Somewhere below is a line with "unfolding trailing_zeros_loop" and, later, a line with "quotient_bytes (suc (suc (suc (suc (suc (suc (suc zero)))))))"; repeat those two lines and all the lines between them, exactly as they are.

++++++

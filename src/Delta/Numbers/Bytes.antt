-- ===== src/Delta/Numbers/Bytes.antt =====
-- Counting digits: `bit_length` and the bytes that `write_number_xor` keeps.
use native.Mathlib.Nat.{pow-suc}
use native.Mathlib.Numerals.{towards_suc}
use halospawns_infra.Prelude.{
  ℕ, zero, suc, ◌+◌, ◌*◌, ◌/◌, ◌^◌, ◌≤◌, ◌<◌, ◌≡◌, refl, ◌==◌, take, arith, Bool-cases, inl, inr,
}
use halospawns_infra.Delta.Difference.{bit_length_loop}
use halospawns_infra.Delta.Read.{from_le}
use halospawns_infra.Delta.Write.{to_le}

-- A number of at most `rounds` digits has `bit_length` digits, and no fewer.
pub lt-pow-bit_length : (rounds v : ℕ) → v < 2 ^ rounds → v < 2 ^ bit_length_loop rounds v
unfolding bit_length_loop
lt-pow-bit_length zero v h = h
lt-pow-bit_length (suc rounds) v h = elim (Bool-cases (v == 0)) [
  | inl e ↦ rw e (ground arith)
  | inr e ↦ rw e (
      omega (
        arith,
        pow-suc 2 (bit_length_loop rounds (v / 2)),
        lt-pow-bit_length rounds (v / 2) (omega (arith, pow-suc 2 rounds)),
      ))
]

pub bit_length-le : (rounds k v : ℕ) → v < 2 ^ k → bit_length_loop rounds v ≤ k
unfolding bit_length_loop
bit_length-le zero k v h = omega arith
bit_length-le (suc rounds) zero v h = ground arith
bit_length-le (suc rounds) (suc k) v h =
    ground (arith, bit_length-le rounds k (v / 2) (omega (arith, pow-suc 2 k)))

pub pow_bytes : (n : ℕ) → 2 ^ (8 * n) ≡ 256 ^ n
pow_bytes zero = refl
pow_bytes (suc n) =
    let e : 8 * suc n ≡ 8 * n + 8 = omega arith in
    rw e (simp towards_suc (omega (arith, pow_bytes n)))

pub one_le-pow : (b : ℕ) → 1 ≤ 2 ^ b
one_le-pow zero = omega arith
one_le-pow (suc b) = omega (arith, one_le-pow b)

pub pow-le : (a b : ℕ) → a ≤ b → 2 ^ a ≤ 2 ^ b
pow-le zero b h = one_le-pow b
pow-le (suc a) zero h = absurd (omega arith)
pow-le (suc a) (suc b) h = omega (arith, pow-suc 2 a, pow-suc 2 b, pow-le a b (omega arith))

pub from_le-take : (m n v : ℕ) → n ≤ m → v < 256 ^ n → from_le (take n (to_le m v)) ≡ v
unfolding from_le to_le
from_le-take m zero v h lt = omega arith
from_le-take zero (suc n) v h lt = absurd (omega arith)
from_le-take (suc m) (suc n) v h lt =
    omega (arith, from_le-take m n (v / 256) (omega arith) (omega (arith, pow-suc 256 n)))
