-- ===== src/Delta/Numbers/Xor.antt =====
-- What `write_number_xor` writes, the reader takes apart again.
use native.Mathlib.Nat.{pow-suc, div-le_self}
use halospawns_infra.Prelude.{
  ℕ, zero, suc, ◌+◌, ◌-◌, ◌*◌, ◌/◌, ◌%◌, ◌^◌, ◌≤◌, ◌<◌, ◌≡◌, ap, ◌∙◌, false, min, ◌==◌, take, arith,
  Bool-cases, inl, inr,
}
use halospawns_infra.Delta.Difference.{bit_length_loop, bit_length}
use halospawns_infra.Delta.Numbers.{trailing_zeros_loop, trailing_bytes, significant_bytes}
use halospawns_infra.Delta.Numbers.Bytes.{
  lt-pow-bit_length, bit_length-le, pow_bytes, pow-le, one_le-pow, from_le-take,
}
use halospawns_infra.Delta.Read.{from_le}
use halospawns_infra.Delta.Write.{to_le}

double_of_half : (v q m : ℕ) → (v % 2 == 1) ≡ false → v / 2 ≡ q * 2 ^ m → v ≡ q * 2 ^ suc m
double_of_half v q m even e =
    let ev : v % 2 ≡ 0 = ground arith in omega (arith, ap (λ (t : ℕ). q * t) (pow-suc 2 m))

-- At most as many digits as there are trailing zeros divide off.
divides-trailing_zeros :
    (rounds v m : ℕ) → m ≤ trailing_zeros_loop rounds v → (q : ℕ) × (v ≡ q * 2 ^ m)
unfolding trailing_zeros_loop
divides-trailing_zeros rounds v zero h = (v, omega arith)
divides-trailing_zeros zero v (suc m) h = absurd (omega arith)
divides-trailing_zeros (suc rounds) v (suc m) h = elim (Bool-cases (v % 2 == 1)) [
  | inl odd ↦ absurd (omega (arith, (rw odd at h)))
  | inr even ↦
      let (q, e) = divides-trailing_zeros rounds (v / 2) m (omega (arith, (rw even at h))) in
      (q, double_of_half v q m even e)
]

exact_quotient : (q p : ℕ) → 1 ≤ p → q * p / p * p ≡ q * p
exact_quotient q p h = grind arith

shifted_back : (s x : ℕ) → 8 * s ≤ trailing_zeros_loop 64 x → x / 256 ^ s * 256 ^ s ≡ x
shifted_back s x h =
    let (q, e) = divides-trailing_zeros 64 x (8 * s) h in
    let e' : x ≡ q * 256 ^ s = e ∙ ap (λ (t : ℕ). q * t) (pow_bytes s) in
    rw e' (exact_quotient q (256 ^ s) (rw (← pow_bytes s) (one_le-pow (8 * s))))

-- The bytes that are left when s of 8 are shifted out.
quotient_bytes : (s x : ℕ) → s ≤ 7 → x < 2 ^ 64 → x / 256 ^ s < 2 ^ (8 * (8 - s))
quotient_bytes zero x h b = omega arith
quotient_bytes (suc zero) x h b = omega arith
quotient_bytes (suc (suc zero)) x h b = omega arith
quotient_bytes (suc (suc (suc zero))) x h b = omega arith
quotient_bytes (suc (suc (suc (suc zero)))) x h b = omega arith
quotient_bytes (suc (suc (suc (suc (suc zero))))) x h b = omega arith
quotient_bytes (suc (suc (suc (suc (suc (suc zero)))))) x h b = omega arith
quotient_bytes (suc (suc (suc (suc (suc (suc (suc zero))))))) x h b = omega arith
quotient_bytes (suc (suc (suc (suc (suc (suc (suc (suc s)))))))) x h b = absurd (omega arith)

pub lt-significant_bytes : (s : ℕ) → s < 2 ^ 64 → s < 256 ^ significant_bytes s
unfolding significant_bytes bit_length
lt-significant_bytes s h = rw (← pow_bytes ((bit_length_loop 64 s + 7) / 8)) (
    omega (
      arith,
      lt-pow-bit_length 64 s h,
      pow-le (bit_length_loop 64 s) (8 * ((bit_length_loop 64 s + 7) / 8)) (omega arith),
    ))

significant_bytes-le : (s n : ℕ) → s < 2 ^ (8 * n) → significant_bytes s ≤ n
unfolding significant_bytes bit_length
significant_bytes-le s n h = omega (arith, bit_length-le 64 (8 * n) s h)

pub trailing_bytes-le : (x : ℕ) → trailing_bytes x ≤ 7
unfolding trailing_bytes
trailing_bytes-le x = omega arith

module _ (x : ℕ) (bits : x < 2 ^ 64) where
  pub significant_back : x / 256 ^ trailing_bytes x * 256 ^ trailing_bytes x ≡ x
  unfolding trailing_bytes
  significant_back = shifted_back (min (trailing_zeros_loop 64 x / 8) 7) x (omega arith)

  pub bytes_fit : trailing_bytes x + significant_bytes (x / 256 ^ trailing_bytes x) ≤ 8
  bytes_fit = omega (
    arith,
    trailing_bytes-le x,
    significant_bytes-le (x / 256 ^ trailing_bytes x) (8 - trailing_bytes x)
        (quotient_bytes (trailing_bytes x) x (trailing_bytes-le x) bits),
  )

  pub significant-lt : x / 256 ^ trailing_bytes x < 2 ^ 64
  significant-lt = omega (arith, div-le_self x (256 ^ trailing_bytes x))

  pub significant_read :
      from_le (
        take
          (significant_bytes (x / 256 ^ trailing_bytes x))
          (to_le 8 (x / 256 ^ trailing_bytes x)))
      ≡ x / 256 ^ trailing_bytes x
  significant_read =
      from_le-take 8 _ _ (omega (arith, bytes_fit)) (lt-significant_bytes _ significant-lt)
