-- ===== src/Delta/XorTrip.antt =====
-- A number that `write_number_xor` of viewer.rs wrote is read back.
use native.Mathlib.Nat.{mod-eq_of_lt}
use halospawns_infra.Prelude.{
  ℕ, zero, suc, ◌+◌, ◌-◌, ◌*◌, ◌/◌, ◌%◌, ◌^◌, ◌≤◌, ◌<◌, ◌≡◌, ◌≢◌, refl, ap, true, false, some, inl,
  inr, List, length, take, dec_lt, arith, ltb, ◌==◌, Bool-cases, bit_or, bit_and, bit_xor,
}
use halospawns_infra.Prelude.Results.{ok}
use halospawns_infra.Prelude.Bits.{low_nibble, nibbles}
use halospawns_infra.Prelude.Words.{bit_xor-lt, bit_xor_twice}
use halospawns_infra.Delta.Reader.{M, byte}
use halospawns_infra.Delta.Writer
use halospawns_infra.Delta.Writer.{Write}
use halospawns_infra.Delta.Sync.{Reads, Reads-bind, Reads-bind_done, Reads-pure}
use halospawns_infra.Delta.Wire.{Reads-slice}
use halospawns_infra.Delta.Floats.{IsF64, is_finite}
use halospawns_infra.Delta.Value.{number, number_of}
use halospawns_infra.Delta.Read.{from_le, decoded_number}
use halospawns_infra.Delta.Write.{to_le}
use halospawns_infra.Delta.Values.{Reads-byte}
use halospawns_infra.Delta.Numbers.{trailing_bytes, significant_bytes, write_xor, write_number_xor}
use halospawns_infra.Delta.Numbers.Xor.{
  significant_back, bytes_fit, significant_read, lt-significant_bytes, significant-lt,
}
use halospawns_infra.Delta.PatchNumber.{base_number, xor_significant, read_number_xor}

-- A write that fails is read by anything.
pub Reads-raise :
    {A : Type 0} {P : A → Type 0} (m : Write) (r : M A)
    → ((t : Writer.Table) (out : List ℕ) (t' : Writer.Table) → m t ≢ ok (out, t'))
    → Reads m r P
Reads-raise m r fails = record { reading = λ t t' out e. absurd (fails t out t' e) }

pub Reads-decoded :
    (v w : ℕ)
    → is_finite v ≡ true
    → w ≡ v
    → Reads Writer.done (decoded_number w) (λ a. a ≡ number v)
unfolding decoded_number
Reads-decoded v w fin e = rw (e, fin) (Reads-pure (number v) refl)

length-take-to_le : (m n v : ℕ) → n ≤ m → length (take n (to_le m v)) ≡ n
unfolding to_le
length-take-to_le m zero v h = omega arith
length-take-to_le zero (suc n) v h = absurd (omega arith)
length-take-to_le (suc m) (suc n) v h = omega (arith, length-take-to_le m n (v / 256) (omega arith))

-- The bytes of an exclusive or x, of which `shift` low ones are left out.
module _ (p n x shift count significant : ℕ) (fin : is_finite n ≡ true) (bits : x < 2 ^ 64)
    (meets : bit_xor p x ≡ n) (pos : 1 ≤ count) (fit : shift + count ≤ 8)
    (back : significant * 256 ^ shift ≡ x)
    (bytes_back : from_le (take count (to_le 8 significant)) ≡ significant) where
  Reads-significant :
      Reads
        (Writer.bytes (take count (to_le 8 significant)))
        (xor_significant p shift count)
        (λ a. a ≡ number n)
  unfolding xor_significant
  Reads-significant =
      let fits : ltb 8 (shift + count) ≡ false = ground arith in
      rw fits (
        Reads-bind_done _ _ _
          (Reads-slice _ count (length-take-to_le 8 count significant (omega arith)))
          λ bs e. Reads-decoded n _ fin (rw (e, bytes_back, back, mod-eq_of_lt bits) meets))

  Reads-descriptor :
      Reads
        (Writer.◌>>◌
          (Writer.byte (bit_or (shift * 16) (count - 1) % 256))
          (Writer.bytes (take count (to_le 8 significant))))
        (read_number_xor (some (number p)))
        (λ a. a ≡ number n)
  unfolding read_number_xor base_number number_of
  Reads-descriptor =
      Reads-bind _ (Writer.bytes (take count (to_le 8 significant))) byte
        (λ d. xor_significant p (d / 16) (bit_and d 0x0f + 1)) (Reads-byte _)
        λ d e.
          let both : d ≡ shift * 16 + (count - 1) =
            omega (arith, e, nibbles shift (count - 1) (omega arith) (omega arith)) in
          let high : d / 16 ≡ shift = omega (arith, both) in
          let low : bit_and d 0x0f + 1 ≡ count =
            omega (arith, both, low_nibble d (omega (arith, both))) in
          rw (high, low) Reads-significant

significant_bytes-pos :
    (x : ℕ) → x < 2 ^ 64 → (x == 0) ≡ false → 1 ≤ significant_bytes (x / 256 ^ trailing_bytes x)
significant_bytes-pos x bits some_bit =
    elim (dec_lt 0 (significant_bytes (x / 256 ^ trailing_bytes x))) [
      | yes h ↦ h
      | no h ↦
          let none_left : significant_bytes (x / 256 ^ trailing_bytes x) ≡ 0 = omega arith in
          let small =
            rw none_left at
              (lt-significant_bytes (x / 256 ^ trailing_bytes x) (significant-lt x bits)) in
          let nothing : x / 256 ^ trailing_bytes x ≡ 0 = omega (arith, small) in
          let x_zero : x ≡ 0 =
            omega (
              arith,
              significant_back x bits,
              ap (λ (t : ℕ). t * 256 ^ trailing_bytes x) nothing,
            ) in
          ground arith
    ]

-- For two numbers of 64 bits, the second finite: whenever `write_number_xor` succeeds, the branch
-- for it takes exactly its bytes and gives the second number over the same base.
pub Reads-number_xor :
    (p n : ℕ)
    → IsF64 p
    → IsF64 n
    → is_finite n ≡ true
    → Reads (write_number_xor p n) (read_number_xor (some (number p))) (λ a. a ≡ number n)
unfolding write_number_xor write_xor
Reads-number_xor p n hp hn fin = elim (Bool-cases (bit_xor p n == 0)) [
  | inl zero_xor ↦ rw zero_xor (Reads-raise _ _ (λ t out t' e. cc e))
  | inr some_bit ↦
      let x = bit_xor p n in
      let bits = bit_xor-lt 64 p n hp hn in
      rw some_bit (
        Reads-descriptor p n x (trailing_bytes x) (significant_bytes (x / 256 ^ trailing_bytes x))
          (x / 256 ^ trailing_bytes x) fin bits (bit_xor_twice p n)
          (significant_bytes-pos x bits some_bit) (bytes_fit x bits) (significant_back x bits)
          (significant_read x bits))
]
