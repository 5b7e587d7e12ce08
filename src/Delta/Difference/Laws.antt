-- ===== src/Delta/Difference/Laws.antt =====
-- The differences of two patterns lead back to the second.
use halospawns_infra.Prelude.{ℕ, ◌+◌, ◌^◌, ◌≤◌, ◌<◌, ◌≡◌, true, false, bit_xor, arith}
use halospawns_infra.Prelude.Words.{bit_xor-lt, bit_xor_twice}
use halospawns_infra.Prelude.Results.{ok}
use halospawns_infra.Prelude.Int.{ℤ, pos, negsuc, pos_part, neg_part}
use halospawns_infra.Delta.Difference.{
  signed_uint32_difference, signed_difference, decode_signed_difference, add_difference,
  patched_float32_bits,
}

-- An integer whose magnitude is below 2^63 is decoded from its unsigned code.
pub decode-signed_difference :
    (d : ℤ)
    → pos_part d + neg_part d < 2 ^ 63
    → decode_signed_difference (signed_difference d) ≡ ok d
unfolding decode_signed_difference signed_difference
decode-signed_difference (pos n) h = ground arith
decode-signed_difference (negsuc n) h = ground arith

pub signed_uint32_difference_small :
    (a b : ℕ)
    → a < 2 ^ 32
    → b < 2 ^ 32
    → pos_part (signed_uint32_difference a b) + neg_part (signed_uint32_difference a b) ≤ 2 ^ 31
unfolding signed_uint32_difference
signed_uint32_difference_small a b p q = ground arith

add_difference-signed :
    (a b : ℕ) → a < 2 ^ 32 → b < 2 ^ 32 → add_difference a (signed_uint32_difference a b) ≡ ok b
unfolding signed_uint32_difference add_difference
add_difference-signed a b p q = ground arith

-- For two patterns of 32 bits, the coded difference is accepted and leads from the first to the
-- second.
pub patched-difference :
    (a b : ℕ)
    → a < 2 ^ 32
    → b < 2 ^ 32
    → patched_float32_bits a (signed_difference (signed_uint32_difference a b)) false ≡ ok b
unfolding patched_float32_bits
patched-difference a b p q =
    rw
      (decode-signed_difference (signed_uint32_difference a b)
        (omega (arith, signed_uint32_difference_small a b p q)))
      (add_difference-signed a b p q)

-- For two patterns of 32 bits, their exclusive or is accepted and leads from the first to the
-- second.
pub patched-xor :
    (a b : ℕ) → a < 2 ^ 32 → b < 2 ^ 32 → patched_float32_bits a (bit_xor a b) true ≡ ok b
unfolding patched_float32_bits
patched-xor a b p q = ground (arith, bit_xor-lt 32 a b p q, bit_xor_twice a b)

++++++

**Result:**
unfolding trailing_zeros_loop
divides-trailing_zeros rounds v zero h = (v, omega arith)
divides-trailing_zeros zero v (suc m) h = absurd (omega arith)
divides-trailing_zeros (suc rounds) v (suc m) h = elim (Bool-cases (v % 2 == 1)) [
  | inl odd ↦ absurd (omega (arith, (rw odd at h)))
  | inr even ↦
      let (q, e) = divides-trailing_zeros rounds (v / 2) m (omega (arith, (rw even at h))) in
      (q, double_of_half v q m even e)
]

exact_quotient : (q p : ℕ) → 1 ≤ p → q * p / p * p ≡ q * p
exact_quotient q p h = grind arith

shifted_back : (s x : ℕ) → 8 * s ≤ trailing_zeros_loop 64 x → x / 256 ^ s * 256 ^ s ≡ x
shifted_back s x h =
    let (q, e) = divides-trailing_zeros 64 x (8 * s) h in
    let e' : x ≡ q * 256 ^ s = e ∙ ap (λ (t : ℕ). q * t) (pow_bytes s) in
    rw e' (exact_quotient q (256 ^ s) (rw (← pow_bytes s) (one_le-pow (8 * s))))

-- The bytes that are left when s of 8 are shifted out.
quotient_bytes : (s x : ℕ) → s ≤ 7 → x < 2 ^ 64 → x / 256 ^ s < 2 ^ (8 * (8 - s))
quotient_bytes zero x h b = omega arith
quotient_bytes (suc zero) x h b = omega arith
quotient_bytes (suc (suc zero)) x h b = omega arith
quotient_bytes (suc (suc (suc zero))) x h b = omega arith
quotient_bytes (suc (suc (suc (suc zero)))) x h b = omega arith
quotient_bytes (suc (suc (suc (suc (suc zero))))) x h b = omega arith
quotient_bytes (suc (suc (suc (suc (suc (suc zero)))))) x h b = omega arith
quotient_bytes (suc (suc (suc (suc (suc (suc (suc zero))))))) x h b = omega arith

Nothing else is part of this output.